When you first meet Shelly Dutch, you’d better be wearing a good pair of shoes. If she’s not counseling clients in an individual, family or group session, she’s probably moving. Tom Farley, who heads The Chris Farley Foundation, describes her as “one of the most dynamic people in teen counseling in Madison, if not the whole state of Wisconsin.” One of her staff members, Cory Divine, states that Dutch is “a powerhouse of energy and conviction.”
A survivor of sexual abuse and cocaine addiction, Dutch has remained drug-free for over 20 years and uses her personal experience to ignite cutting-edge programs in AODA (alcohol and other drug abuse) counseling that are producing unprecedented results, particularly a mentorship program that relies on seasoned members of the recovery community to guide those new to recovery through its challenges and hazards.
“The opportunity to witness our clients going from hopeless to hopeful is the greatest gift I experience,” she says.
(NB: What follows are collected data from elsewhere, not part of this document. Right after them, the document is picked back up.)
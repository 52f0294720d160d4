-- ===== src/Mgmt/Conn/Safe.antt =====
-- The invariant of a connection of src/mgmt.c through every handler.
use tpe2026c1_socks.Users.Operations.{users_add_lem, users_del_lem}
use tpe2026c1_socks.Users.Table
use tpe2026c1_socks.Mgmt.Parse.{
  MgmtReq, Rc, consumed, unknown, refused, need_more, parse_auth, parse_request,
}
use tpe2026c1_socks.Buffer.{buffer_reset}
use tpe2026c1_socks.Mgmt.Conn.{
  MgmtConn, MgmtState, mgmt_auth_reply, mgmt_done, mgmt_response, take_auth, take_request,
  mgmt_auth, mgmt_request, mgmt_try_process, try_in,
}
use tpe2026c1_socks.Mgmt.Conn.Serve.{
  InPhase, IsValid, Took, take_auth_lem, take_request_lem, take_unknown_lem, Serves,
}
use tpe2026c1_socks.Mgmt.Parse.Bounds.{Bounded, parse_auth-Bounded, parse_request-Bounded}
use tpe2026c1_socks.Mgmt.Process.{Shared}
use tpe2026c1_socks.Mgmt.Process.Answer.{effect}
use tpe2026c1_socks.Prelude.{
  Bool-cases, Bytes, Option, ap, false, inl, inr, not, refl, some, sym, true, ℕ, ◌-◌, ◌==◌, ◌∙◌,
  ◌≡◌, [], subst,
}
use tpe2026c1_socks.Smp.{smp_cmd_add_user, smp_cmd_del_user, smp_cmd_set_config}
use tpe2026c1_socks.Buffer.Bounds.{read_count}
use tpe2026c1_socks.Buffer.Queue.{Holds, buffer_reset_lem, contents, length-contents}

effect-IsValid :
    (g : Shared) (r : MgmtReq) → Table.IsValid g.users → Table.IsValid (effect g r).users
unfolding effect
effect-IsValid g r v = elim (Bool-cases (r.cmd == smp_cmd_add_user)) [
  | inl t ↦ rw t (users_add_lem g.users (some r.user) (some r.pass) v).0
  | inr t1 ↦ elim (Bool-cases (r.cmd == smp_cmd_del_user)) [
    | inl t ↦ rw (t1, t) (users_del_lem g.users r.user v).0
    | inr t2 ↦ elim (Bool-cases (r.cmd == smp_cmd_set_config)) [
      | inl t ↦ rw (t1, t2, t) v
      | inr t3 ↦ rw (t1, t2, t3) v
    ]
  ]
]

-- A handler did not abort; it left a sound connection, and the globals as they were if the
-- connection had not authenticated.
abbrev pub Goes : MgmtConn → Shared → Option (MgmtConn × Shared) → Type 0
Goes c g r =
    (c' : MgmtConn) × (g' : Shared) × (r ≡ some (c', g'))
    × IsValid c' g'
    × (c.auth_ok ≡ false → g' ≡ g)

pub stays : {g : Shared} (c c' : MgmtConn) → IsValid c' g → Goes c g (some (c', g))
stays {g} c c' v = (c', g, refl, v, λ _. refl)

-- The phase depends on three fields.
pub InPhase-same :
    (c c' : MgmtConn) (s : MgmtState)
    → c'.auth_ok ≡ c.auth_ok
    → c'.close_after_write ≡ c.close_after_write
    → c'.interest ≡ c.interest
    → InPhase s c
    → InPhase s c'
InPhase-same c c' mgmt_auth a w i h = (a ∙ h.0, i ∙ h.1)
InPhase-same c c' mgmt_auth_reply a w i h = (w ∙ h.0 ∙ ap not (sym a), i ∙ h.1)
InPhase-same c c' mgmt_request a w i h = (a ∙ h.0, w ∙ h.1, i ∙ h.2)
InPhase-same c c' mgmt_response a w i h = (a ∙ h.0, w ∙ h.1, i ∙ h.2)

-- A state known by an equation.
in_phase : (c : MgmtConn) (s : MgmtState) → c.state ≡ s → InPhase s c → InPhase c.state c
in_phase c s e h = subst (λ t. InPhase t c) (sym e) h

pub done-IsValid : {c : MgmtConn} {g : Shared} → IsValid c g → IsValid (mgmt_done c) g
unfolding mgmt_done
done-IsValid {c} v = record {
  rbuf = v.rbuf;
  wbuf = v.wbuf;
  rlimit = v.rlimit;
  wlimit = v.wlimit;
  users = v.users;
  phase = InPhase-same c (record c { closed = true }) c.state refl refl refl v.phase;
}

Took-IsValid :
    {c c' : MgmtConn} {g g' : Shared} {n : ℕ} {out : Bytes}
    → Took c c' n out
    → IsValid c g
    → Table.IsValid g'.users
    → InPhase c'.state c'
    → IsValid c' g'
Took-IsValid t v u p = record {
  rbuf = t.input.valid;
  wbuf = t.output.valid;
  rlimit = t.input.limit ∙ v.rlimit;
  wlimit = t.output.limit ∙ v.wlimit;
  users = u;
  phase = p;
}

take_auth-Goes :
    (c : MgmtConn) (g : Shared) (rc : Rc) (user pass : Bytes)
    → Bounded (c.rbuf.write - c.rbuf.read) rc
    → IsValid c g
    → Goes c g (take_auth c g (rc, user, pass))
unfolding take_auth
take_auth-Goes c g need_more user pass b v = stays c c v
take_auth-Goes c g refused user pass b v = stays c (mgmt_done c) (done-IsValid v)
take_auth-Goes c g unknown user pass b v = stays c (mgmt_done c) (done-IsValid v)
take_auth-Goes c g (consumed n) user pass b v =
    let (c', e, t, a, w, s) = take_auth_lem c g n user pass v b in
    (
      c',
      g,
      e,
      Took-IsValid t v v.users (in_phase c' mgmt_auth_reply s (w ∙ ap not (sym a), t.waits)),
      λ _. refl,
    )

Serves-Goes :
    (c : MgmtConn) (g g' : Shared) (n : ℕ) (out : Bytes) (r : Option (MgmtConn × Shared))
    → IsValid c g
    → c.auth_ok ≡ true
    → c.close_after_write ≡ false
    → Table.IsValid g'.users
    → Serves c g' n out r
    → Goes c g r
Serves-Goes c g g' n out r v ok keeps u (c', e, t, a, w, s) = (
  c',
  g',
  e,
  Took-IsValid t v u (in_phase c' mgmt_response s (a ∙ ok, w ∙ keeps, t.waits)),
  λ f. absurd (cc),
)

reset-IsValid :
    (c : MgmtConn) (g : Shared) → IsValid c g → IsValid (record c { wbuf = buffer_reset c.wbuf }) g
reset-IsValid c g v =
    let z : Holds c.wbuf (buffer_reset c.wbuf) [] = buffer_reset_lem v.wbuf in
    record {
      rbuf = v.rbuf;
      wbuf = z.valid;
      rlimit = v.rlimit;
      wlimit = z.limit ∙ v.wlimit;
      users = v.users;
      phase =
          InPhase-same c (record c { wbuf = buffer_reset c.wbuf }) c.state refl refl refl v.phase;
    }

take_request-Goes :
    (c : MgmtConn) (g : Shared) (rc : Rc) (r : MgmtReq)
    → Bounded (c.rbuf.write - c.rbuf.read) rc
    → IsValid c g
    → c.auth_ok ≡ true
    → c.close_after_write ≡ false
    → Goes c g (take_request c g (rc, r))
unfolding take_request
take_request-Goes c g need_more r b v ok keeps = stays c c v
take_request-Goes c g refused r b v ok keeps = stays c _ (done-IsValid (reset-IsValid c g v))
take_request-Goes c g unknown r b v ok keeps =
    Serves-Goes c g g 2 _ _ v ok keeps v.users (take_unknown_lem c g r v b)
take_request-Goes c g (consumed n) r b v ok keeps =
    Serves-Goes c g (effect g r) n _ _ v ok keeps (effect-IsValid g r v.users)
      (take_request_lem c g n r v b)

try_in-Goes :
    (c : MgmtConn) (g : Shared) (s : MgmtState)
    → InPhase s c
    → IsValid c g
    → Goes c g (try_in s c g (contents c.rbuf))
unfolding try_in
try_in-Goes c g mgmt_auth h v =
    let l = length-contents v.rbuf in
    let b : Bounded (c.rbuf.write - c.rbuf.read) (parse_auth (contents c.rbuf)).0 =
      subst (λ n. Bounded n (parse_auth (contents c.rbuf)).0) l
        (parse_auth-Bounded (contents c.rbuf)) in
    take_auth-Goes c g _ _ _ b v
try_in-Goes c g mgmt_request h v =
    let l = length-contents v.rbuf in
    let b : Bounded (c.rbuf.write - c.rbuf.read) (parse_request (contents c.rbuf)).0 =
      subst (λ n. Bounded n (parse_request (contents c.rbuf)).0) l
        (parse_request-Bounded (contents c.rbuf)) in
    take_request-Goes c g _ _ b v h.0 h.1
try_in-Goes c g mgmt_auth_reply h v = stays c c v
try_in-Goes c g mgmt_response h v = stays c c v

pub try_process-Goes : (c : MgmtConn) (g : Shared) → IsValid c g → Goes c g (mgmt_try_process c g)
unfolding mgmt_try_process
try_process-Goes c g v = rw (read_count v.rbuf) (try_in-Goes c g c.state v.phase v)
Not only is Dutch the creator and director of Connections Counseling in Madison, she also helped create Horizon High School, where students with drug and alcohol problems can work at recovery while they achieve their high school diploma. Then there is Aaron House. Dutch helped create the structured sober-living house on the UW-Madison campus, voted the No. 1 party school in America by the Princeton Review in 2006.
The house is named after Aaron Meyer, a young man who had achieved recovery at Connections Counseling and was tragically killed in a car accident (which had no drug or alcohol involvement) in 2005. She organizes panels that visit schools across the state, educating young people about drug and alcohol abuse. UW medical school residents visit her clinic to learn about AODA counseling.
Fighting for their livesIn short, Dutch is ferociously involved in saving the lives of young people who struggle with addiction to drugs and alcohol. “Providing a strength-based experience to each individual allows a safe and nurturing environment, which allows clients to believe in themselves and honor their recovery process,” she says.
Dutch provides a tour of the clinic, setting down a binder here and replenishing a stack of leaflets there. She rattles off rapid-fire facts and figures about addiction and what Connections is doing about it. The only time she is silent is when she passes a portion of hallway with photos of young people that have a birth date and death date. Her hand moves toward the wall without an apparent conscious thought. As she walks, her fingers slide against the wall photos as if she is attempting to reach into past counseling sessions that were not enough to save these young people from the grip of addiction and its consequences. In her sudden silence it becomes clear: What happens in these halls is deathly serious.
One of her most effective counseling creations is the mentorship program. Those who maintain sobriety for 90 days are offered the chance to mentor other clients who aren’t as far along in the recovery process. Daily sober activities are scheduled, so there is always something fun for clients to do. Taking on the role of mentor invests in others and provides a further incentive for maintaining one’s own recovery. It inspires a palpable sense of camaraderie and collective support.
“To witness individuals feeling alone, fearful and hopeless begin to trust, share and connect with others is an exciting transformation,” Dutch says.
In addition, “we have emerged as the specialists in the treatment and support of college- aged students,” says Dutch. In May 2008, she opened a satellite clinic on the UW-Madison campus, known for its insatiable appetite for inebriation. This peer network is a strong support for young people who are often deluged and battered by the idea that alcohol and drug use are prerequisites for adulthood during their first tastes of independence. “The College Connection” provides an alcohol- and drug-free culture for those who seek a sober social scene.
One client remarked, “When I was drinking I might have made fun of some of these activities. Now, I am amazed to find how enriched I am by them, by the connections that I’ve made here. I have come to love sobriety. My conception of reality has been blown out of the water. I’m so thankful I’m not the person I was six months ago.”
Dutch is making an immense impact. Her own experience with addiction doesn’t allow her to be ineffective and doesn’t rest with the status quo. The testimonies of those fighting for their lives contend: They would want no other in their corner than Shelly Dutch.